During translational control, participants rated it difficult to move the US probe on the horizontal plane. This led to difficulties, especially when moving on the phantom surface, and affected imaging by loss of contact or resulted in unwanted, high contact forces on the phantom surface. The application of a pre-defined contact force after reaching the surface, like it was proposed in a work of Fang et al. [8], could address this problem. Moreover, participants evaluated it as challenging to perceive the given visual feedback (e.g., LED ring) and the US probe when looking at the US monitor. Hence, it is crucial to display all needed information in the user’s field of view. Therefore, it might be beneficial to unify the visualizations by, for example, displaying the feedback from the LED ring on the HoloLens or, as proposed in current research, displaying the ultrasound image in AR [19, 20]. Future work could also explore interfaces other than the HoloLens to address limitations such as interaction space and ergonomics. Moreover, the lack of haptic feedback during the control of the robotic US was criticized. To improve this, more precise information could be given about the applied contact force. One possibility would be displaying the applied contact force in the form of visual feedback, audio feedback [21] or, as mentioned before, the application of a pre-defined contact force [8].

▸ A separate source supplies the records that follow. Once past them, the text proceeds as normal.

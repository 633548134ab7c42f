-- ===== src/Atomics/Tests.antt =====
-- Two threads of atomics.c with two rounds each.
use networking_howto.Prelude.{ℕ, zero, suc, ◌*◌, ◌<◌, ◌≡◌, List, [], ◌∷◌, u32, refl, arith}
use networking_howto.Locks.Counter.{AllBelow}
use networking_howto.Atomics.{count_once, count_all, zeroed}
use networking_howto.Atomics.Counter.{atomics_count}

abbrev turns : List ℕ
turns = 0 ∷ 1 ∷ 1 ∷ 0 ∷ 0 ∷ []

all_rounds : (u : ℕ) → u < 2 → (count_all 2 turns zeroed).i u ≡ 2
unfolding count_all count_once
all_rounds zero l = refl
all_rounds (suc zero) l = refl
all_rounds (suc (suc u)) l = absurd (omega (arith, l))

turns-AllBelow : AllBelow 2 turns
turns-AllBelow = omega arith

atomics_count_example : (count_all 2 turns zeroed).var ≡ u32 (2 * 2)
atomics_count_example = atomics_count 2 2 (omega arith) turns turns-AllBelow all_rounds
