-- ===== src/Approval/Issue.antt =====
-- store/billing.py, `approve_billing_period` and `record_billing_period_preparer`, and
-- store/invoice_identity.py, for periods whose `calculated_values_fingerprint` is NULL. The table of
-- the invoices stands newest first, the one of the line items in the order of the ids. The unique
-- index on the period and the participant is left out.
use openleg.Prelude.{
  ℕ, ◌+◌, ◌==◌, Bool, true, false, ◌&&◌, not, Option, none, some, List, [], ◌∷◌, any, all, find,
  select, update, ltb, if◌then◌else◌, Result, ok, err, ◌>>=◌, ◌>>◌, raise_if, or_raise,
}
use openleg.Prelude.Text.{Text, is_empty, strip, text_eq, codes}
use openleg.Invoices.State.{Building}
use openleg.Approval.Lines.{Item, Error}
use openleg.Approval.Snapshots.{Period, PeriodStatus, Date, Snapshot, prepare_invoice_snapshots}
use openleg.Approval.Numbers.{invoice_number, next_invoice_sequence, clashes}

pub record Community : Type 0 where
  pub community_id : ℕ
  pub name : Text
  pub is_active : Bool
  pub require_dual_control : Bool

-- A row of `invoices` with status issued; its amounts and dates are those of the snapshot.
pub record IssuedInvoice : Type 0 where
  pub billing_period_id : ℕ
  pub community_id : ℕ
  pub invoice_number : Text
  pub issuer : Text
  pub snapshot : Snapshot

pub record Db : Type 0 where
  pub communities : List Community
  pub periods : List Period
  -- the rows of `billing_line_items`, with the period
  pub line_items : List (ℕ × Item)
  pub buildings : List Building
  pub invoices : List IssuedInvoice

unfoldable pub insert_by_participant : IssuedInvoice → List IssuedInvoice → List IssuedInvoice
insert_by_participant i [] = i ∷ []
insert_by_participant i (j ∷ js) =
    let rest = insert_by_participant i js in
    if ltb j.snapshot.participant_id i.snapshot.participant_id then j ∷ rest else i ∷ j ∷ js

unfoldable pub sort_by_participant : List IssuedInvoice → List IssuedInvoice
unfolding insert_by_participant
sort_by_participant [] = []
sort_by_participant (i ∷ is) = insert_by_participant i (sort_by_participant is)

-- `_period_invoices`
unfoldable pub period_invoices : List IssuedInvoice → ℕ → List IssuedInvoice
unfolding sort_by_participant
period_invoices invoices period_id =
    sort_by_participant (select (λ i. i.billing_period_id == period_id) invoices)

-- The rows of the query of `_next_invoice_sequence`, before its pattern.
unfoldable pub numbers_of : ℕ → List IssuedInvoice → List Text
numbers_of community [] = []
numbers_of community (i ∷ is) =
    let rest = numbers_of community is in
    if i.community_id == community then i.invoice_number ∷ rest else rest

abbrev pub items_of_period : ℕ → List (ℕ × Item) → List Item
items_of_period period_id [] = []
items_of_period period_id ((p, item) ∷ rows) =
    let rest = items_of_period period_id rows in if p == period_id then item ∷ rest else rest

abbrev has_code : List Building → ℕ × Text → Bool
has_code buildings (p, code) = elim (find (λ b. b.building_id == p) buildings) [
  | none ↦ false
  | some b ↦ text_eq b.referral_code code
]

-- `lock_original_registrations`
unfoldable pub lock_original_registrations :
    List Building → List (ℕ × Text) → List Item → Result Error (Unit {0})
lock_original_registrations buildings registrations items = do
  raise_if (not (all (λ r. any (λ i. i.participant_id == r.0) items) registrations))
      Error.registrations_changed
  raise_if (not (all (λ i. any (λ r. r.0 == i.participant_id) registrations) items))
      Error.registrations_changed
  raise_if (any (λ r. is_empty r.1) registrations) Error.registrations_changed
  raise_if (not (all (has_code buildings) registrations)) Error.registrations_changed

-- The loop over the snapshots. The unique index on the community and the number refuses a number
-- that is there.
unfoldable pub insert_invoices :
    Text
    → ℕ
    → ℕ
    → Community
    → ℕ
    → List Snapshot
    → List IssuedInvoice
    → Result Error (List IssuedInvoice)
insert_invoices prefix year sequence c period_id [] invoices = ok invoices
insert_invoices prefix year sequence c period_id (s ∷ ss) invoices = do
  let number = invoice_number prefix year sequence
  raise_if (clashes number (numbers_of c.community_id invoices)) Error.store_error
  let row : IssuedInvoice = record {
    billing_period_id = period_id;
    community_id = c.community_id;
    invoice_number = number;
    issuer = c.name;
    snapshot = s;
  }
  insert_invoices prefix year (sequence + 1) c period_id ss (row ∷ invoices)

-- `str(snapshots[0]["policy_snapshot"]["invoice_prefix"])`
abbrev pub prefix_of : Snapshot → Text
prefix_of s = elim s.policy_snapshot.invoice_prefix [ none ↦ codes "None" | some prefix ↦ prefix ]

unfoldable pub issue_snapshots :
    Db → Community → ℕ → Date → List Snapshot → Result Error (List IssuedInvoice)
unfolding insert_invoices
issue_snapshots db c period_id issue_date [] = err Error.store_error
issue_snapshots db c period_id issue_date (s ∷ ss) =
    insert_invoices (prefix_of s) issue_date.year
      (next_invoice_sequence (prefix_of s) issue_date.year (numbers_of c.community_id db.invoices))
      c period_id (s ∷ ss) db.invoices

-- `UPDATE billing_periods SET status = 'issued'`
abbrev pub set_issued : ℕ → List Period → List Period
set_issued period_id periods =
    update (λ p. p.id == period_id) (λ p. record p { status = PeriodStatus.issued }) periods

-- The preparer is recorded and is not the approver.
abbrev pub is_dual : Option ℕ → Option ℕ → Bool
is_dual (some preparer) (some approver) = not (preparer == approver)
is_dual _ _ = false

-- The part of `approve_billing_period` for a draft.
unfoldable pub issue_draft :
    Db → Community → Period → Date → Option ℕ → Result Error (List IssuedInvoice × Db)
unfolding lock_original_registrations issue_snapshots
issue_draft db c period issue_date approver = do
  raise_if (c.require_dual_control && not (is_dual period.prepared_by approver)) Error.dual_control
  let items = items_of_period period.id db.line_items
  lock_original_registrations db.buildings period.participant_registrations items
  snapshots ← prepare_invoice_snapshots period items issue_date
  invoices ← issue_snapshots db c period.id issue_date snapshots
  let db' = record db { invoices = invoices; periods = set_issued period.id db.periods }
  ok (period_invoices invoices period.id, db')

unfoldable pub by_status :
    PeriodStatus
    → Db
    → Community
    → Period
    → Date
    → Option ℕ
    → Result Error (List IssuedInvoice × Db)
by_status PeriodStatus.issued db c period issue_date approver =
    elim (period_invoices db.invoices period.id) [
      | [] ↦ err Error.no_invoices
      | i ∷ is ↦ ok (i ∷ is, db)
    ]
by_status PeriodStatus.invalidated db c period issue_date approver = err Error.not_draft
by_status PeriodStatus.draft db c period issue_date approver =
    issue_draft db c period issue_date approver

abbrev pub is_period : ℕ → ℕ → Period → Bool
is_period period_id community p = p.id == period_id && p.community_id == community

abbrev pub is_community : ℕ → Community → Bool
is_community community c = c.community_id == community && c.is_active

-- `approve_billing_period`
unfoldable pub approve_billing_period :
    Db → ℕ → ℕ → Date → Option ℕ → Result Error (List IssuedInvoice × Db)
unfolding by_status
approve_billing_period db period_id community issue_date approver = do
  c ← or_raise (find (is_community community) db.communities) Error.community_inactive
  raise_if (is_empty (strip c.name)) Error.no_issuer
  period ← or_raise (find (is_period period_id community) db.periods) Error.period_not_found
  by_status period.status db c period issue_date approver

abbrev status_is_draft : PeriodStatus → Bool
status_is_draft PeriodStatus.draft = true
status_is_draft _ = false

-- `record_billing_period_preparer`
unfoldable record_billing_period_preparer : Db → ℕ → ℕ → Option ℕ → Bool × Db
record_billing_period_preparer db period_id community none = (false, db)
record_billing_period_preparer db period_id community (some actor) =
    let is_draft : Period → Bool =
      λ p. is_period period_id community p && status_is_draft p.status in
    (
      any is_draft db.periods,
      record db {
        periods = update is_draft (λ p. record p { prepared_by = some actor }) db.periods;
      },
    )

It is plausible that a number of limitations have influenced the results obtained. One limitation arising from the study design is that no quantitative values, for example regarding latency or registration accuracy, were collected. Although errors in this regard may be negligible, as no comments were made in the qualitative feedback, these factors should be investigated in the future. Additionally the study considered an isolated task from the elaborated workflow requiring interactive control of the robot. Autonomous robot actions, such as needle tracking and the manual needle insertion by the radiologist, were disregarded. As a result, the significance of the findings obtained from the study is only partially valid with respect to the integrability of the developed interface into a realistic workflow. Furthermore, the phantom needs to be adapted in such a way that it depicts realistic human anatomies to enable orientation that is as close to reality as possible. This fact was also mentioned by participants during the interview as a limiting constraint encountered during the study. Another limitation results from the sample. The participants in the study indicated that they had moderate experience in the application of US. Higher experience levels of participants could have an influence on the orientation during imaging, as well as the handling of the missing haptic feedback. Consequently, in further studies, participants with different levels of experience should be recruited to obtain more comprehensive feedback on clinical suitability and possibilities for improvement. In addition, a larger number of participants should be included in further studies to potentially allow for better generalizations.

Conclusion

This work involved the conception, development and evaluation of a touchless, multimodal user interface for interaction with a robotic US. Expert interviews were conducted to analyze the use case, which resulted in the identification of HRI tasks. The developed interface incorporates voice commands for discrete control, like mode selection and hand gestures, for the translational and rotational navigation of the robotic US probe. In a user study, the interaction concept was rated with an average usability. Results of the study moreover reveal future directions for improving the interaction concept. These include an integration of the missing haptic feedback and visualization of all needed information within the users’ field of view by, for example, displaying US images under AR. Therefore, this work has demonstrated that multimodal interaction has the potential to enable touchless, user-friendly control of robotic US, laying the foundation for future research on multimodal interaction for such systems in the medical field.

Supplementary information

This work is accompanying a supplementary video to demonstrate the implemented multimodal, touchless interaction methods which includes navigational and rotational control of a robotic US.